Estan allí, aunque no en todos lugares; aveces, son conocidos, otras no tanto, les puedo decir, que mas bien, no son tan conocidos; incluso, hasta ignorados segun los casos, pero, estan allí.
No son sobrehumanos ni mucho menos, son simplementes hombres o mujeres, que tienen esas cualidades que los hacen diferentes del resto, ya que se manifiestan allí donde es necesario.
No se anuncian, nada de carteles de por medio. Ademas, no esperan recompesas alguna, ni medallas, ni diplomas, ni publicidad.
Me refiero, a esos verdaderos filántropos, personas generosas, bienechoras, caritativas.
Que de verdad, aman a su projimo, y que dan de si mismos, para ayudar al necesitado.
Hay pueblos y personas beneficiados por la generosidad de uno o de varios filántropos, a los que nunca conocieron ni vieron sus rostros, nunca pudieron estrecharles las manos como gesto de gratitud.

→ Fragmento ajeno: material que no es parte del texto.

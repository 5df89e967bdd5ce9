-- ===== src/Sandbox/Seccomp/Syscalls.antt =====
-- The system calls that a plugin may make, by architecture.
use sentrazero.Base.{ℕ, List, [], ◌∷◌}

abbrev pub allowed_syscalls_x86_64 : List ℕ
allowed_syscalls_x86_64 =
    0 ∷ 1 ∷ 2 ∷ 3 ∷ 4 ∷ 5 ∷ 6 ∷ 8 ∷ 17 ∷ 18 ∷ 19 ∷ 20 ∷ 21 ∷ 40 ∷ 72 ∷ 73 ∷ 74 ∷ 75 ∷ 76 ∷ 77 ∷ 78
    ∷ 79 ∷ 80 ∷ 81 ∷ 82 ∷ 83 ∷ 84 ∷ 85 ∷ 86 ∷ 87 ∷ 88 ∷ 89 ∷ 90 ∷ 91 ∷ 92 ∷ 93 ∷ 94 ∷ 95 ∷ 137 ∷ 138
    ∷ 217 ∷ 221 ∷ 257 ∷ 258 ∷ 259 ∷ 260 ∷ 261 ∷ 262 ∷ 263 ∷ 264 ∷ 265 ∷ 266 ∷ 267 ∷ 268 ∷ 269 ∷ 275
    ∷ 276 ∷ 277 ∷ 278 ∷ 280 ∷ 285 ∷ 295 ∷ 296 ∷ 302 ∷ 316 ∷ 326 ∷ 327 ∷ 328 ∷ 332 ∷ 436 ∷ 437 ∷ 439
    ∷ 9 ∷ 10 ∷ 11 ∷ 12 ∷ 25 ∷ 26 ∷ 27 ∷ 28 ∷ 319 ∷ 13 ∷ 14 ∷ 15 ∷ 34 ∷ 39 ∷ 56 ∷ 57 ∷ 58 ∷ 59 ∷ 60
    ∷ 61 ∷ 62 ∷ 63 ∷ 109 ∷ 110 ∷ 111 ∷ 112 ∷ 124 ∷ 127 ∷ 128 ∷ 129 ∷ 130 ∷ 131 ∷ 186 ∷ 200 ∷ 202
    ∷ 218 ∷ 219 ∷ 231 ∷ 234 ∷ 247 ∷ 273 ∷ 274 ∷ 322 ∷ 334 ∷ 424 ∷ 434 ∷ 435 ∷ 449 ∷ 97 ∷ 98 ∷ 99
    ∷ 100 ∷ 102 ∷ 104 ∷ 107 ∷ 108 ∷ 115 ∷ 118 ∷ 120 ∷ 121 ∷ 125 ∷ 126 ∷ 140 ∷ 141 ∷ 160 ∷ 201 ∷ 35
    ∷ 36 ∷ 37 ∷ 38 ∷ 96 ∷ 222 ∷ 223 ∷ 224 ∷ 225 ∷ 226 ∷ 228 ∷ 229 ∷ 230 ∷ 24 ∷ 142 ∷ 143 ∷ 144 ∷ 145
    ∷ 146 ∷ 147 ∷ 148 ∷ 203 ∷ 204 ∷ 309 ∷ 314 ∷ 315 ∷ 41 ∷ 42 ∷ 43 ∷ 44 ∷ 45 ∷ 46 ∷ 47 ∷ 48 ∷ 49
    ∷ 50 ∷ 51 ∷ 52 ∷ 53 ∷ 54 ∷ 55 ∷ 288 ∷ 299 ∷ 307 ∷ 7 ∷ 16 ∷ 22 ∷ 23 ∷ 32 ∷ 33 ∷ 213 ∷ 232 ∷ 233
    ∷ 253 ∷ 254 ∷ 255 ∷ 270 ∷ 271 ∷ 281 ∷ 282 ∷ 283 ∷ 284 ∷ 286 ∷ 287 ∷ 289 ∷ 290 ∷ 291 ∷ 292 ∷ 293
    ∷ 294 ∷ 441 ∷ 157 ∷ 158 ∷ 162 ∷ 306 ∷ 318 ∷ 324 ∷ []

abbrev pub allowed_syscalls_arm64 : List ℕ
allowed_syscalls_arm64 =
    63 ∷ 64 ∷ 57 ∷ 62 ∷ 56 ∷ 67 ∷ 68 ∷ 65 ∷ 66 ∷ 48 ∷ 71 ∷ 25 ∷ 32 ∷ 82 ∷ 83 ∷ 45 ∷ 46 ∷ 61 ∷ 17
    ∷ 49 ∷ 50 ∷ 38 ∷ 34 ∷ 33 ∷ 55 ∷ 54 ∷ 35 ∷ 37 ∷ 36 ∷ 78 ∷ 52 ∷ 53 ∷ 166 ∷ 43 ∷ 44 ∷ 79 ∷ 80 ∷ 223
    ∷ 276 ∷ 47 ∷ 69 ∷ 70 ∷ 261 ∷ 76 ∷ 77 ∷ 84 ∷ 75 ∷ 88 ∷ 285 ∷ 286 ∷ 287 ∷ 291 ∷ 436 ∷ 437 ∷ 439
    ∷ 222 ∷ 226 ∷ 215 ∷ 214 ∷ 216 ∷ 227 ∷ 232 ∷ 233 ∷ 279 ∷ 134 ∷ 135 ∷ 139 ∷ 220 ∷ 221 ∷ 93 ∷ 94
    ∷ 260 ∷ 129 ∷ 160 ∷ 154 ∷ 156 ∷ 157 ∷ 136 ∷ 137 ∷ 138 ∷ 133 ∷ 132 ∷ 130 ∷ 98 ∷ 96 ∷ 128 ∷ 131
    ∷ 95 ∷ 99 ∷ 100 ∷ 281 ∷ 293 ∷ 424 ∷ 434 ∷ 435 ∷ 449 ∷ 163 ∷ 165 ∷ 179 ∷ 153 ∷ 172 ∷ 173 ∷ 174
    ∷ 175 ∷ 176 ∷ 177 ∷ 178 ∷ 158 ∷ 148 ∷ 150 ∷ 155 ∷ 90 ∷ 91 ∷ 141 ∷ 140 ∷ 164 ∷ 101 ∷ 102 ∷ 103
    ∷ 169 ∷ 107 ∷ 110 ∷ 108 ∷ 109 ∷ 111 ∷ 113 ∷ 114 ∷ 115 ∷ 124 ∷ 118 ∷ 121 ∷ 119 ∷ 120 ∷ 125 ∷ 126
    ∷ 127 ∷ 122 ∷ 123 ∷ 168 ∷ 274 ∷ 275 ∷ 198 ∷ 203 ∷ 202 ∷ 206 ∷ 207 ∷ 211 ∷ 212 ∷ 210 ∷ 200 ∷ 201
    ∷ 204 ∷ 205 ∷ 199 ∷ 208 ∷ 209 ∷ 242 ∷ 243 ∷ 269 ∷ 73 ∷ 72 ∷ 29 ∷ 59 ∷ 23 ∷ 24 ∷ 20 ∷ 21 ∷ 22
    ∷ 26 ∷ 27 ∷ 28 ∷ 74 ∷ 85 ∷ 86 ∷ 87 ∷ 19 ∷ 441 ∷ 167 ∷ 81 ∷ 267 ∷ 278 ∷ 283 ∷ []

La recompensa de ellos, ¿saben cuál es?
Es la de saber, que cubrieron y alimentaron las carencias de muchos pobres, y que vieron, o supieron, que sus dineros o bienes materiales fueron bien empleados.
Hechos de los Apóstoles 10:1 y 2,
El Apóstol Pablo escribe a Timoteo en su primera Epístola, capítulo 6:17 al 19, A los ricos de este siglo manda que no sean altivos...
Que hagan bien, que sean ricos en buenas obras...
Estan allí, en muchos lugares, no son muy conocidos, pero estan allí.